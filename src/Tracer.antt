-- ===== src/Tracer.antt =====
-- The choice of the sessions to dump: src/pcrf_tracer.cpp, less the dump itself.
pub mod Conditions
use pcrf.Common.{
  ℕ, Bool, true, false, ◌&&◌, ◌||◌, not, List, [], ◌∷◌, ◌==◌, if◌then◌else◌, Option, none, some,
}
use pcrf.Common.Text.{Text}
use pcrf.Common.Lists.{contains, erase_all, set_insert}

-- The unordered sets of the module; g_rwlockTracer is assumed to be taken. A set is kept without
-- repetition, the order of its elements is not observed.
pub record Tracer : Type 0 where
  pub session_ids : List Text
  pub application_ids : List ℕ
  pub imsis : List Text
  pub e164s : List Text
  pub apns : List Text

-- ETracerConditionType with the value that p_pvValue points to.
pub data Condition : Type 0 where
  not_interested : Condition
  imsi e164 apn : Text → Condition
  application_id : ℕ → Condition

unfoldable pub has_id : ℕ → List ℕ → Bool
has_id n [] = false
has_id n (m ∷ ms) = n == m || has_id n ms

unfoldable insert_id : ℕ → List ℕ → List ℕ
unfolding has_id
insert_id n ms = if has_id n ms then ms else n ∷ ms

unfoldable pub erase_id : ℕ → List ℕ → List ℕ
erase_id n [] = []
erase_id n (m ∷ ms) = let rest = erase_id n ms in if n == m then rest else m ∷ rest

-- pcrf_tracer_set_condition.
unfoldable pub set_condition : Condition → Tracer → Tracer
unfolding insert_id
set_condition not_interested t = t
set_condition (imsi v) t = record t { imsis = set_insert v t.imsis }
set_condition (e164 v) t = record t { e164s = set_insert v t.e164s }
set_condition (application_id n) t = record t { application_ids = insert_id n t.application_ids }
set_condition (apn v) t = record t { apns = set_insert v t.apns }

-- pcrf_tracer_reset_condition; the case of an APN inserts, as the code does.
unfoldable pub reset_condition : Condition → Tracer → Tracer
unfolding erase_id
reset_condition not_interested t = t
reset_condition (imsi v) t = record t { imsis = erase_all v t.imsis }
reset_condition (e164 v) t = record t { e164s = erase_all v t.e164s }
reset_condition (application_id n) t = record t { application_ids = erase_id n t.application_ids }
reset_condition (apn v) t = record t { apns = set_insert v t.apns }

-- pcrf_tracer_set_session_id and pcrf_tracer_reset_session_id; `none` is a null pointer.
unfoldable pub set_session_id : Option Text → Tracer → Tracer
set_session_id none t = t
set_session_id (some sid) t = record t { session_ids = set_insert sid t.session_ids }

unfoldable pub reset_session_id : Option Text → Tracer → Tracer
reset_session_id none t = t
reset_session_id (some sid) t = record t { session_ids = erase_all sid t.session_ids }

abbrev pub is_nil {ℓ} : {A : Type ℓ} → List A → Bool
is_nil [] = true
is_nil (_ ∷ _) = false

-- pcrf_tracer_check_session_by_condition.
unfoldable pub check_session_by_condition : Text → Text → Text → Text → ℕ → Tracer → Tracer
check_session_by_condition sid im e apname app t =
    let hit = record t { session_ids = set_insert sid t.session_ids } in
    if is_nil sid
    then t
    else if not (is_nil t.imsis) && contains im t.imsis
    then hit
    else if not (is_nil t.e164s) && contains e t.e164s
    then hit
    else if not (is_nil t.apns) && contains apname t.apns
    then hit
    else if not (app == 0) && has_id app t.application_ids
    then hit
    else t

-- pcrf_tracer_is_need_dump.
unfoldable pub is_need_dump : Text → Tracer → ℕ
is_need_dump sid t = if not (is_nil sid) && contains sid t.session_ids then 1 else 0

* Action item: Exactly the lines running from the top of the records to the line that contains "unfolding erase_id", inclusive, must be set down, and nothing more.

* Result:
filename src/Tracer.antt
-- ===== src/Tracer.antt =====
-- The choice of the sessions to dump: src/pcrf_tracer.cpp, less the dump itself.
pub mod Conditions
use pcrf.Common.{
  ℕ, Bool, true, false, ◌&&◌, ◌||◌, not, List, [], ◌∷◌, ◌==◌, if◌then◌else◌, Option, none, some,
}
use pcrf.Common.Text.{Text}
use pcrf.Common.Lists.{contains, erase_all, set_insert}

-- The unordered sets of the module; g_rwlockTracer is assumed to be taken. A set is kept without
-- repetition, the order of its elements is not observed.
pub record Tracer : Type 0 where
  pub session_ids : List Text
  pub application_ids : List ℕ
  pub imsis : List Text
  pub e164s : List Text
  pub apns : List Text

-- ETracerConditionType with the value that p_pvValue points to.
pub data Condition : Type 0 where
  not_interested : Condition
  imsi e164 apn : Text → Condition
  application_id : ℕ → Condition

unfoldable pub has_id : ℕ → List ℕ → Bool
has_id n [] = false
has_id n (m ∷ ms) = n == m || has_id n ms

unfoldable insert_id : ℕ → List ℕ → List ℕ
unfolding has_id
insert_id n ms = if has_id n ms then ms else n ∷ ms

unfoldable pub erase_id : ℕ → List ℕ → List ℕ
erase_id n [] = []
erase_id n (m ∷ ms) = let rest = erase_id n ms in if n == m then rest else m ∷ rest

-- pcrf_tracer_set_condition.
unfoldable pub set_condition : Condition → Tracer → Tracer
unfolding insert_id
set_condition not_interested t = t
set_condition (imsi v) t = record t { imsis = set_insert v t.imsis }
set_condition (e164 v) t = record t { e164s = set_insert v t.e164s }
set_condition (application_id n) t = record t { application_ids = insert_id n t.application_ids }
set_condition (apn v) t = record t { apns = set_insert v t.apns }

-- pcrf_tracer_reset_condition; the case of an APN inserts, as the code does.
unfoldable pub reset_condition : Condition → Tracer → Tracer
unfolding erase_id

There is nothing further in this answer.